● ASSIGNMENT: Of all the entries below, retype only the lines from the one with "k ∙ p.found) in" through the one with "sum_eq = omega (arith, exact.0);", exactly as they appear.

● ENTRIES PROVIDED:
+++++
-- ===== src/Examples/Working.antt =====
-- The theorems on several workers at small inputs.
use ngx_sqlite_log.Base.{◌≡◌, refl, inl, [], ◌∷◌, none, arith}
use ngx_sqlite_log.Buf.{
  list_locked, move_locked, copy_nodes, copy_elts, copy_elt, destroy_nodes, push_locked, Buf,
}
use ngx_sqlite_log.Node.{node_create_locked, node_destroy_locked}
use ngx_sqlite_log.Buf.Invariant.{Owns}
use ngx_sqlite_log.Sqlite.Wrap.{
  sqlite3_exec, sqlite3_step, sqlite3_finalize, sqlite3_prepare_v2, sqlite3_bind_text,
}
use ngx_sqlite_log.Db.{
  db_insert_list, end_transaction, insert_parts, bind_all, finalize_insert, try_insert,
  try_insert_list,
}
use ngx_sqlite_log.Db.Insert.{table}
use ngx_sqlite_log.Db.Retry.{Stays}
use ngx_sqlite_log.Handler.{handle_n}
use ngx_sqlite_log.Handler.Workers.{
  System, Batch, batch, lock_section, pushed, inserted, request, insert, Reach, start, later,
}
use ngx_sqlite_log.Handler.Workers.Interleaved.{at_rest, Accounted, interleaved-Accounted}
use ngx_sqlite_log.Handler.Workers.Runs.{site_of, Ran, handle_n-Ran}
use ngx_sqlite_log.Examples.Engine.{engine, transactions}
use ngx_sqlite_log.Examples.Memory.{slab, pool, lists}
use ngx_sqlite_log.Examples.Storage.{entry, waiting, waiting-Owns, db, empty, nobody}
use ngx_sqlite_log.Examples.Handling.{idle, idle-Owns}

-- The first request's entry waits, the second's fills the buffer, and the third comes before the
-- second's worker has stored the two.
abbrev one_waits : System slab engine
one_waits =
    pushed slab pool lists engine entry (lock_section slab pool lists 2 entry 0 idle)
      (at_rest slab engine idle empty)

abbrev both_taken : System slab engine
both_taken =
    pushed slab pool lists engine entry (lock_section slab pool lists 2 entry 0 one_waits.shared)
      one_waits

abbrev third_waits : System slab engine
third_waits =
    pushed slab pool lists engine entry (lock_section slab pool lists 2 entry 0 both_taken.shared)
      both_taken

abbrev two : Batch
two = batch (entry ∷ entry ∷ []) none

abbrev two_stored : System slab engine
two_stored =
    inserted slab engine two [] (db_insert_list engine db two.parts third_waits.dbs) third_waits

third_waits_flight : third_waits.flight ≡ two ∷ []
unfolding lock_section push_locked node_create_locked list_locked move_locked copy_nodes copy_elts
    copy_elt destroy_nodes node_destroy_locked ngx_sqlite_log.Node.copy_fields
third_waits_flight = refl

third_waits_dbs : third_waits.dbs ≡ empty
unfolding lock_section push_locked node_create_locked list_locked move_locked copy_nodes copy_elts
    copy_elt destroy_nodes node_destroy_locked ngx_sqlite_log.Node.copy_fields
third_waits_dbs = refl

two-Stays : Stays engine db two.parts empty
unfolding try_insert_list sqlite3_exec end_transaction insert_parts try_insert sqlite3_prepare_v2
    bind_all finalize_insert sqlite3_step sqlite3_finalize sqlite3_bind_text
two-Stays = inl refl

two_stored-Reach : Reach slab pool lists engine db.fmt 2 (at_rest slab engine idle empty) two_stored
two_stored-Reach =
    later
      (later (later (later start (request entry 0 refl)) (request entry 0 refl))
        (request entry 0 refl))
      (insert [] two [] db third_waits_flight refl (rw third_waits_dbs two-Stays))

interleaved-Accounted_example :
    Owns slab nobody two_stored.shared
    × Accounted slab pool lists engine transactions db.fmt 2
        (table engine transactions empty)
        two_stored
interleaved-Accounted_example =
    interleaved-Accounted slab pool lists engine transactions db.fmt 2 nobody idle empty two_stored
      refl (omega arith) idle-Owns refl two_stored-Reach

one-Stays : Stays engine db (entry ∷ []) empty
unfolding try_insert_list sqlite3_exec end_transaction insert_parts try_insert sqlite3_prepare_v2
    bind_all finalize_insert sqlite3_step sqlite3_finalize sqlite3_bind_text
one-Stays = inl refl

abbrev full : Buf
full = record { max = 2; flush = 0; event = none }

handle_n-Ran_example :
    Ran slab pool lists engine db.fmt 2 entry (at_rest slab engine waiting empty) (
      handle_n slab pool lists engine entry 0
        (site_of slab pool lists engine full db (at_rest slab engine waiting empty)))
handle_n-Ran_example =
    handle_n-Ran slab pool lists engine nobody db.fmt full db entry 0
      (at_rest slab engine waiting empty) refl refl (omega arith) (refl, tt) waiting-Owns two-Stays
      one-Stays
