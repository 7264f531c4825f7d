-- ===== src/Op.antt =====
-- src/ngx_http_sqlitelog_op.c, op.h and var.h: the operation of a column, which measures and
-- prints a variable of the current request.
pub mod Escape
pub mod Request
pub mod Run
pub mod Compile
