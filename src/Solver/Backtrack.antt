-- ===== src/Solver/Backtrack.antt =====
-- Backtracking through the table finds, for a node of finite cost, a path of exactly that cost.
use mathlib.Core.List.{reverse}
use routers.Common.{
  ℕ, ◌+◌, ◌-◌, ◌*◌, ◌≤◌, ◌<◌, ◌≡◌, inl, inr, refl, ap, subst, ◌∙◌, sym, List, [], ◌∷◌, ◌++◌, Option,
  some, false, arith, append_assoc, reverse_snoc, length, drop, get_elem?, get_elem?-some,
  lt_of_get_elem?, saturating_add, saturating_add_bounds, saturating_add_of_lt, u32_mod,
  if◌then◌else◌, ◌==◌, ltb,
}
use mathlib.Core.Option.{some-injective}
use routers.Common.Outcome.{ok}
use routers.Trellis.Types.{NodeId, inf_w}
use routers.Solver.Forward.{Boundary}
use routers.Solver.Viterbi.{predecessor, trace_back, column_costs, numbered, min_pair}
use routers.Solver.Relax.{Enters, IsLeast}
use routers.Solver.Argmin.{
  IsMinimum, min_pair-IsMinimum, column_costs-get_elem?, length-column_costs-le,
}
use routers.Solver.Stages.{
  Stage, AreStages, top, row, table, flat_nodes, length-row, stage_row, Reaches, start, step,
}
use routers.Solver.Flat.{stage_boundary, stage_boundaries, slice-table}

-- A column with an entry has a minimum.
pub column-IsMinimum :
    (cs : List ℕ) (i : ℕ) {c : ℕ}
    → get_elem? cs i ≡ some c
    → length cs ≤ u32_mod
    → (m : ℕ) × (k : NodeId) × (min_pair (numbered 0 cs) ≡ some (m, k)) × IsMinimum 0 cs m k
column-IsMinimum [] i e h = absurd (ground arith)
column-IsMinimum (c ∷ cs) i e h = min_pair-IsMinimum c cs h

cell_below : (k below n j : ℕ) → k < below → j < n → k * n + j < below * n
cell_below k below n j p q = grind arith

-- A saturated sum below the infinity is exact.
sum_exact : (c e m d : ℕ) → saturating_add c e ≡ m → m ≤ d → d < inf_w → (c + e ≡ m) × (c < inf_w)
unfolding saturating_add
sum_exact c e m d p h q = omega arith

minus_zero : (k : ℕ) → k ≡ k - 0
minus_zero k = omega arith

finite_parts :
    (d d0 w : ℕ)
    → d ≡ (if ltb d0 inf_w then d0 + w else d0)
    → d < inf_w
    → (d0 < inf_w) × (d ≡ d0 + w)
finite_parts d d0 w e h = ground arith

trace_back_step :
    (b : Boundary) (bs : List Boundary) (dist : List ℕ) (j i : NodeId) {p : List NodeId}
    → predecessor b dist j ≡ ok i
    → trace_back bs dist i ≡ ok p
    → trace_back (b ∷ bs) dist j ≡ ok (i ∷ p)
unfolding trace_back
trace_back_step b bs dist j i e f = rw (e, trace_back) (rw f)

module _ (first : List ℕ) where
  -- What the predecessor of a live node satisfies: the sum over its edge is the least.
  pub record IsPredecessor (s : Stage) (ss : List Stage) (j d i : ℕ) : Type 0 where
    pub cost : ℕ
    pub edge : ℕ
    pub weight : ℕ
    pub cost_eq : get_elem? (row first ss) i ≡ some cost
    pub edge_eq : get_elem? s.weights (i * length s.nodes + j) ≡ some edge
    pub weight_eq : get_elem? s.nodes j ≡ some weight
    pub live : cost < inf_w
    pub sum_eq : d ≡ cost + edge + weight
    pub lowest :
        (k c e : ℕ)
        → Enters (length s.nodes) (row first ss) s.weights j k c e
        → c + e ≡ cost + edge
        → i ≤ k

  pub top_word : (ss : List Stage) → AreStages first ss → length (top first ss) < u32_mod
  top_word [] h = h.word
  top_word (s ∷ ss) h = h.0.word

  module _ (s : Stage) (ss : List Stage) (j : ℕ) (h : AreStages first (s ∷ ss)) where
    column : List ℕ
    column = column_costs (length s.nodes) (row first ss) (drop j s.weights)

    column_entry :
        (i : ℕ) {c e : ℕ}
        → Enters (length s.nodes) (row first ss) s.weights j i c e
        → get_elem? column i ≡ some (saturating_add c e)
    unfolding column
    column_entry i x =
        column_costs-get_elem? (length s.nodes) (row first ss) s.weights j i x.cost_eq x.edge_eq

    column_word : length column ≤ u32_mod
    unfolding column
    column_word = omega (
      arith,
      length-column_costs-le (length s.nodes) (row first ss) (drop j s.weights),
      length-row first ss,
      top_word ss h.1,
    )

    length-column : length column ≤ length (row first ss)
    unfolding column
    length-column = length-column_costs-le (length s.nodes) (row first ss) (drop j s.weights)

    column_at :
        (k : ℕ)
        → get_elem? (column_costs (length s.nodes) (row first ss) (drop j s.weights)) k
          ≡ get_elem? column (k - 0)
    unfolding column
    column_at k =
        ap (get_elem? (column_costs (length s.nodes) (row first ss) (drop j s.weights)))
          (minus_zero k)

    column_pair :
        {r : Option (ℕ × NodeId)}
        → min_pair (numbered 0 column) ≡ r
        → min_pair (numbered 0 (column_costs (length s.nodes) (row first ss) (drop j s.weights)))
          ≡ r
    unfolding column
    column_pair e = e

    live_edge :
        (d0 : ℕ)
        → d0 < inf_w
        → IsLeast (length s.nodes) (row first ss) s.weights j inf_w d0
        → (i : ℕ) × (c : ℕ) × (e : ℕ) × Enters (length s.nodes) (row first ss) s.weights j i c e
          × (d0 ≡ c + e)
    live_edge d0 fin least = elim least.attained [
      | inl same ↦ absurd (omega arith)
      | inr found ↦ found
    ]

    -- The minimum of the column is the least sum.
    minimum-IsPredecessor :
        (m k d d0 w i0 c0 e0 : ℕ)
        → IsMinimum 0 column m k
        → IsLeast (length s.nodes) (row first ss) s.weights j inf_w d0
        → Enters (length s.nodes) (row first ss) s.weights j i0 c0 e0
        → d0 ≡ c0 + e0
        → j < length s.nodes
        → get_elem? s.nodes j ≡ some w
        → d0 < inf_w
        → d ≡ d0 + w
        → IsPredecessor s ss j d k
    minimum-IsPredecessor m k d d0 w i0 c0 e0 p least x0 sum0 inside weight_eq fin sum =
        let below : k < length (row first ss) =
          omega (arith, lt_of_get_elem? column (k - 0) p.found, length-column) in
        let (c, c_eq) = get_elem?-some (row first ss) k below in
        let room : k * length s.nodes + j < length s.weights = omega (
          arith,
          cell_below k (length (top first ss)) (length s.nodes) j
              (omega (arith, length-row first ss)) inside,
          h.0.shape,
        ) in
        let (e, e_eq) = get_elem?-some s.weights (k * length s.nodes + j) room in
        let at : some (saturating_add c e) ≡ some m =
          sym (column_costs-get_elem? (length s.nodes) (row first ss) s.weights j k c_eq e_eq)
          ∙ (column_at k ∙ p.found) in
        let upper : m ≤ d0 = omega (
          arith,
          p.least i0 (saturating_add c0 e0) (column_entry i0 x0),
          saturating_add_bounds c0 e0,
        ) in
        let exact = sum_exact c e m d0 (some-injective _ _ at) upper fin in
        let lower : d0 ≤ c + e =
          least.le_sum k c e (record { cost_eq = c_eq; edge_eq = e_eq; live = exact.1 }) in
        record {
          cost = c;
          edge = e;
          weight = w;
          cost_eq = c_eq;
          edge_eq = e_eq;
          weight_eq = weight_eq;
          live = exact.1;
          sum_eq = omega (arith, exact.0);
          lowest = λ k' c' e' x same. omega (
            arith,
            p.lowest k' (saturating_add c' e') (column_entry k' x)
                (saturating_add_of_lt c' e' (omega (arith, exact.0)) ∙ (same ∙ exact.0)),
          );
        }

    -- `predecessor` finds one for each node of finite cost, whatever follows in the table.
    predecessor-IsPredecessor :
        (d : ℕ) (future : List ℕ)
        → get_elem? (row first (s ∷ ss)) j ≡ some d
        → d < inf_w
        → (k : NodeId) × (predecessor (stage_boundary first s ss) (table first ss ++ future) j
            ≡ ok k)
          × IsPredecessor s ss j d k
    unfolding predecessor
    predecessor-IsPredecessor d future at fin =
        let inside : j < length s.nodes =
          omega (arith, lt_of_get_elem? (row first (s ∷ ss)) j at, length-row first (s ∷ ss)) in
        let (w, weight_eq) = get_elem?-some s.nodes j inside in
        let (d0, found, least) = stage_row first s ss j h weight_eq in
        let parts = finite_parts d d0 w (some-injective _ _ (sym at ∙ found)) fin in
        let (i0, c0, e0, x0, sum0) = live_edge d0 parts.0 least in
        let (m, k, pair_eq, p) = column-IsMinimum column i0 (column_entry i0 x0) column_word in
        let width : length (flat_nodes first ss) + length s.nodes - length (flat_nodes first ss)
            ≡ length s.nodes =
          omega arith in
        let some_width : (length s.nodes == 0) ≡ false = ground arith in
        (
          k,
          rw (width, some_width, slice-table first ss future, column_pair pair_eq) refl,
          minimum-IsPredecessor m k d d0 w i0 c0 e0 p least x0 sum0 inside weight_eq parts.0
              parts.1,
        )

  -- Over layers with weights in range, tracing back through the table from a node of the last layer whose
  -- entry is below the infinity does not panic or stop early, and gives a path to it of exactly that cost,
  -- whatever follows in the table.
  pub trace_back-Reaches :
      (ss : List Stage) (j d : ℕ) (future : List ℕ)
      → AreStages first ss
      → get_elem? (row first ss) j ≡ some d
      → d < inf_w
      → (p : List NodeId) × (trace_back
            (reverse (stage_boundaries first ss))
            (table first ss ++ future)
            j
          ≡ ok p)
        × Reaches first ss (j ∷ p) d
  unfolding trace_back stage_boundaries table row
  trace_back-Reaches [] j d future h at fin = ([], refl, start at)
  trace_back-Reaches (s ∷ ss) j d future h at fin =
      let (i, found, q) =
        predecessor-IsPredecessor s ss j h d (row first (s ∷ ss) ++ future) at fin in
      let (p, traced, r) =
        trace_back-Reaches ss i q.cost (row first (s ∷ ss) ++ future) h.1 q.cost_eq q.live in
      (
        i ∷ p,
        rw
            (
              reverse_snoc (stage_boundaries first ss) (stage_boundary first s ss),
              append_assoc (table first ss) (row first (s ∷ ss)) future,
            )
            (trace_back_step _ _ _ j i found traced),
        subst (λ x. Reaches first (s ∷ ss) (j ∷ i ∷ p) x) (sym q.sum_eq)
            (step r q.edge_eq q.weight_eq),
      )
+++++
● SOLUTION TO THIS PROBLEM:
          ∙ (column_at k ∙ p.found) in
        let upper : m ≤ d0 = omega (
          arith,
          p.least i0 (saturating_add c0 e0) (column_entry i0 x0),
          saturating_add_bounds c0 e0,
        ) in
        let exact = sum_exact c e m d0 (some-injective _ _ at) upper fin in
        let lower : d0 ≤ c + e =
          least.le_sum k c e (record { cost_eq = c_eq; edge_eq = e_eq; live = exact.1 }) in
        record {
          cost = c;
          edge = e;
          weight = w;
          cost_eq = c_eq;
          edge_eq = e_eq;
          weight_eq = weight_eq;
          live = exact.1;
          sum_eq = omega (arith, exact.0);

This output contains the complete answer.